Osteopetrosis Definition, Reason, Symptoms, Treatment & Prevention
Understanding
Osteopetrosis ( marble bone disease ) is a type of inherited disease, in which the bones become harder and denser. This condition is the opposite of osteoporosis, which is when the bones become more brittle.
This disease causes bone density to increase, causing skeletal abnormalities. Broadly speaking, osteopetrosis is distinguished based on several patterns, namely:
- An autosomal dominant pattern of osteopetrosis, where sufferers get it from one parent who has osteopetrosis
- An autosomal recessive pattern of osteopetrosis, in which both parents have the mutated carrier gene and do not show symptoms of osteopetrosis
- X-linked, which is a pattern of osteopetrosis in which mutations on the X chromosome of both parents have occurred
- Intermediate autosomal osteopetrosis
Symptoms
The most common sign of osteopetrosis is a broken bone. These symptoms arise due to decreased bone density. Osteopetrosis can cause bones to crumble and break. Although bones become denser, they tend to become more brittle.
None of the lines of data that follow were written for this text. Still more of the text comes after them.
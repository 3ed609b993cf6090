-- ===== src/Jobs/Sound.antt =====
-- The public operations of jobs/job_manager.cpp as sequences of moves.
use drive_lab.Prelude.{
  Within, pos, negsuc, ℕ, suc, ◌≡◌, refl, ap, ◌∙◌, sym, ◌≢◌, inl, inr, Bool, true, false, ◌&&◌,
  ◌||◌, Option, some, List, ℤ, is_negative, exceeds, Text, bytes, length, arith, Bool-cases,
  Option-cases,
}
use mathlib.Core.Path.{subst, subst₂}
use drive_lab.Result.{Result, Error}
use drive_lab.Logging.{LogSeverity, info}
use drive_lab.Jobs.{
  JobRecord, JobManager, Ledger, World, starting, running, paused, failed, is_live, is_queued,
  find_job, write_job,
}
use drive_lab.Jobs.Find.{find_job-id}
use drive_lab.Jobs.Launch.{log, fail, start_eligible_jobs, released, release_lock}
use drive_lab.Jobs.Manager.{
  on_job, update_progress, complete, mark_failed, pause, resume, cancel, cancelled_job,
  cancel_queued, cancel_active,
}
use drive_lab.Jobs.Moves.{
  board, Same, Done, Move, leave, carry_on, finish, Moves, here, after, Moves-trans,
}
use drive_lab.Jobs.Lockstep.{InStep}
use drive_lab.Jobs.Lockstep.Keeps.{Move-InStep}
use drive_lab.Jobs.Eligible.{start_loop-Moves}

-- What an operation did to a manager, as moves of its board.
abbrev pub Did : World → JobManager → JobManager → Type 0
Did w m m' = Moves w m.mode m.max_parallel_drives (board m) (board m')

abbrev pub Steady : JobManager → Type 0
Steady m = InStep m.max_parallel_drives (board m)

pub start_eligible_jobs-Did :
    (w : World) (m : JobManager) → Steady m → Did w m (start_eligible_jobs w m)
unfolding start_eligible_jobs
start_eligible_jobs-Did w m v =
    start_loop-Moves w m.mode m.max_parallel_drives m.next_id (suc (length m.jobs)) m.jobs m.ledger
      v

-- One move, and then the jobs that it lets start.
and_start :
    (w : World) (m m' : JobManager)
    → m'.mode ≡ m.mode
    → m'.max_parallel_drives ≡ m.max_parallel_drives
    → Steady m
    → Move w m.mode m.max_parallel_drives (board m) (board m')
    → Did w m (start_eligible_jobs w m')
and_start w m m' em el v mv = Moves-trans (after here mv) (
    subst₂ (λ mode limit. Moves w mode limit (board m') (board (start_eligible_jobs w m'))) em el
      (start_eligible_jobs-Did w m'
        (subst (λ limit. InStep limit (board m')) (sym el) (Move-InStep mv v))))

pub log_locks :
    (w : World) (j : JobRecord) (s : LogSeverity) (t : Text) (l : Ledger)
    → (log w j s t l).active_locks ≡ l.active_locks
unfolding log
log_locks w j s t l = refl

pub on_job_cases {ℓ} :
    (P : JobManager → Type ℓ) (id : ℕ) (allowed : JobRecord → Bool) (message : Text)
    (act : JobRecord → JobManager × Result (Unit {0})) (m : JobManager)
    → P m
    → ((j : JobRecord) → find_job id m.jobs ≡ some j → allowed j ≡ true → P (act j).0)
    → P (on_job id allowed message act m).0
unfolding on_job
on_job_cases P id allowed message act m unchanged acted = elim (Option-cases (find_job id m.jobs)) [
  | inl e ↦ rw (e, on_job) unchanged
  | inr (j, e) ↦ elim (Bool-cases (allowed j)) [
    | inl a ↦ rw (e, on_job, a) (acted j e a)
    | inr a ↦ rw (e, on_job, a) unchanged
  ]
]

-- The job that `find_job` returned stands in the list under its own id.
own_id :
    (id : ℕ) (js : List JobRecord) (j : JobRecord)
    → find_job id js ≡ some j
    → find_job j.id js ≡ some j
own_id id js j e = ap (λ (k : ℕ). find_job k js) (find_job-id id js j e) ∙ e

release_lock_locks :
    (j : JobRecord) (l : Ledger)
    → (release_lock j l).active_locks ≡ released j.drive_id j.id l.active_locks
unfolding release_lock
release_lock_locks j l = refl

in_percent : (p : ℤ) → is_negative p || exceeds p 100 ≡ false → Within 100 p
in_percent (pos n) h = ground arith
in_percent (negsuc n) h = cc

module _ (w : World) (j : JobRecord) (e : Error) (l : Ledger) where
  fail-Same : Same j (fail w j e l).0
  unfolding fail
  fail-Same = record { same_id = refl; same_drive = refl; same_operation = refl; sane = λ h. h }

  fail-failed : (fail w j e l).0.state ≡ failed
  unfolding fail
  fail-failed = refl

  fail_locks : (fail w j e l).1.active_locks ≡ l.active_locks
  unfolding fail log
  fail_locks = refl

-- Between operations no job is half started.
abbrev pub NotStarting : JobManager → Type 0
NotStarting m = (k : ℕ) (j : JobRecord) → find_job k m.jobs ≡ some j → j.state ≢ starting

pub cancel_cases {ℓ} :
    (P : JobManager → Type ℓ) (w : World) (id : ℕ) (m : JobManager)
    → P m
    → ((j : JobRecord)
        → find_job id m.jobs ≡ some j
        → is_queued j.state ≡ true
        → P (cancel_queued w id j m).0)
    → ((j : JobRecord)
        → find_job id m.jobs ≡ some j
        → is_live j.state ≡ true
        → j.operation.controls.can_cancel ≡ true
        → P (cancel_active w id j m).0)
    → P (cancel w id m).0
unfolding cancel
cancel_cases P w id m unchanged from_queue active = elim (Option-cases (find_job id m.jobs)) [
  | inl e ↦ rw (e, cancel) unchanged
  | inr (j, e) ↦ elim (Bool-cases (is_queued j.state)) [
    | inl q ↦ rw (e, cancel, q) (from_queue j e q)
    | inr q ↦ elim (Bool-cases (is_live j.state && j.operation.controls.can_cancel)) [
      | inl a ↦ rw (e, cancel, q, a) (active j e (ground arith) (ground arith))
      | inr a ↦ rw (e, cancel, q, a) unchanged
    ]
  ]
]

module _ (w : World) (m : JobManager) (v : Steady m) where
  carry :
      (id : ℕ) (j j' : JobRecord) (l : Ledger)
      → find_job id m.jobs ≡ some j
      → Same j j'
      → is_live j.state ≡ true
      → is_live j'.state ≡ true
      → l.active_locks ≡ m.active_locks
      → Did w m (record m { jobs = write_job id j' m.jobs; ledger = l })
  carry id j j' l e s a a' el = after here (
      carry_on j j' (own_id id m.jobs j e) s a a' refl
        (ap (λ (k : ℕ). write_job k j' m.jobs) (sym (find_job-id id m.jobs j e))) el)

  pub update_progress-Did : (id : ℕ) (p : ℤ) (r : Option ℤ) → Did w m (update_progress id p r m).0
  unfolding update_progress
  update_progress-Did id p r = on_job_cases (Did w m) id _ _ _ m here λ j e a.
      elim (Bool-cases (is_negative p || exceeds p 100)) [
        | inl bad ↦ rw bad here
        | inr good ↦ rw good (
            carry id j _ m.ledger e
              (record {
                same_id = refl;
                same_drive = refl;
                same_operation = refl;
                sane = λ _. in_percent p good;
              })
              a a refl)
      ]

  pub pause-Did : (id : ℕ) → Did w m (pause w id m).0
  unfolding pause
  pause-Did id = on_job_cases (Did w m) id _ _ _ m here λ j e a.
      carry id j _
        (log w (record j { state = paused }) info (bytes "Job paused; physical-drive lock retained")
          m.ledger)
        e (record { same_id = refl; same_drive = refl; same_operation = refl; sane = λ h. h })
        (ground arith) refl (log_locks w _ _ _ _)

  pub resume-Did : (id : ℕ) → Did w m (resume w id m).0
  unfolding resume
  resume-Did id = on_job_cases (Did w m) id _ _ _ m here λ j e a.
      carry id j _ (log w (record j { state = running }) info (bytes "Job resumed") m.ledger) e
        (record { same_id = refl; same_drive = refl; same_operation = refl; sane = λ h. h })
        (ground arith) refl (log_locks w _ _ _ _)

  -- A live job ends, its lock is released, and waiting jobs start.
  close :
      (id : ℕ) (j j' : JobRecord) (l : Ledger)
      → find_job id m.jobs ≡ some j
      → Same j j'
      → is_live j.state ≡ true
      → Done j'.state
      → l.active_locks ≡ released j.drive_id j.id m.active_locks
      → Did w m (start_eligible_jobs w (record m { jobs = write_job id j' m.jobs; ledger = l }))
  close id j j' l e s a o el =
      and_start w m (record m { jobs = write_job id j' m.jobs; ledger = l }) refl refl v
        (finish j j' (own_id id m.jobs j e) s a o refl
          (ap (λ (k : ℕ). write_job k j' m.jobs) (sym (find_job-id id m.jobs j e))) el)

  pub complete-Did : (id : ℕ) → Did w m (complete w id m).0
  unfolding complete
  complete-Did id = on_job_cases (Did w m) id _ _ _ m here λ j e a.
      close id j _ _ e
        (record {
          same_id = refl;
          same_drive = refl;
          same_operation = refl;
          sane = λ _. omega arith;
        })
        a (inl refl) (log_locks w _ _ _ _ ∙ release_lock_locks _ _)

  pub mark_failed-Did :
      (id : ℕ) (error : Error) → NotStarting m → Did w m (mark_failed w id error m).0
  unfolding mark_failed
  mark_failed-Did id error ns = on_job_cases (Did w m) id _ _ _ m here λ j e a.
      close id j _ _ e (fail-Same w j error _) (ground (arith, ns id j e))
        (inr (inl (fail-failed w j error _))) (fail_locks w j error _ ∙ release_lock_locks _ _)

  cancel_queued-Did :
      (id : ℕ) (j : JobRecord)
      → find_job id m.jobs ≡ some j
      → is_queued j.state ≡ true
      → Did w m (cancel_queued w id j m).0
  unfolding cancel_queued
  cancel_queued-Did id j e q = after here (
      leave j (cancelled_job w m j) (own_id id m.jobs j e)
        (record { same_id = refl; same_drive = refl; same_operation = refl; sane = λ h. h })
        (ground arith) (inr (inr refl)) refl
        (ap (λ (k : ℕ). write_job k (cancelled_job w m j) m.jobs) (sym (find_job-id id m.jobs j e)))
        (log_locks w _ _ _ _))

  cancel_active-Did :
      (id : ℕ) (j : JobRecord)
      → find_job id m.jobs ≡ some j
      → is_live j.state ≡ true
      → Did w m (cancel_active w id j m).0
  unfolding cancel_active
  cancel_active-Did id j e a =
      close id j _ _ e
        (record { same_id = refl; same_drive = refl; same_operation = refl; sane = λ h. h }) a
        (inr (inr refl)) (log_locks w _ _ _ _ ∙ release_lock_locks _ _)

  pub cancel-Did : (id : ℕ) → Did w m (cancel w id m).0
  cancel-Did id =
      cancel_cases (Did w m) w id m here (cancel_queued-Did id)
        (λ j e a c. cancel_active-Did id j e a)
Several other physical signs that can also appear in those with osteopetrosis, include:
- Growth disorders
- Hepatosplenomegaly
- Disorders of blood cell production
Reason
Osteopetrosis is an inherited disease due to genetic mutations. This genetic mutation causes acidification of bone resorption (or the process of acid formation) by osteoclasts. Osteoclasts are cells that dissolve and erode bone during the stages of the re-modeling or bone formation process.
One of the mechanisms causing osteopetrosis is a deficiency of carbonic anhydrase encoded by the CA2 gene. Carbonic anhydrase is required by osteoclasts to produce proton enzymes. Without this enzyme, bone resorption is reduced and bones become denser.
Several other genes that also play a role in the occurrence of osteopetrosis are the LRP5, CLCN7, and TCIRG1 genes.
Diagnosis
The diagnosis of osteopetrosis was determined based on the results of medical interviews and physical examination. In addition, supporting examinations such as X-rays, CT scans, and MRI can be performed to find abnormalities in radiology results and molecular analysis.
Treatment
Early diagnosis and appropriate treatment can minimize bone damage that occurs in patients with osteopetrosis. The treatment of osteopetrosis affected by osteoclast dysfunction is bone marrow transplantation. This is especially true for malignant infantile osteopetrosis.
Another treatment for this disorder is the administration of vitamin D. Meanwhile, corticosteroids can be given to stimulate the process of bone resorption. Appropriate treatment in case of fractures or fractures and osteomyelitis (bone infection due to bacteria) is also needed.
Prevention
Because genetic factors play a role, it can be said that there is no prevention for this disease.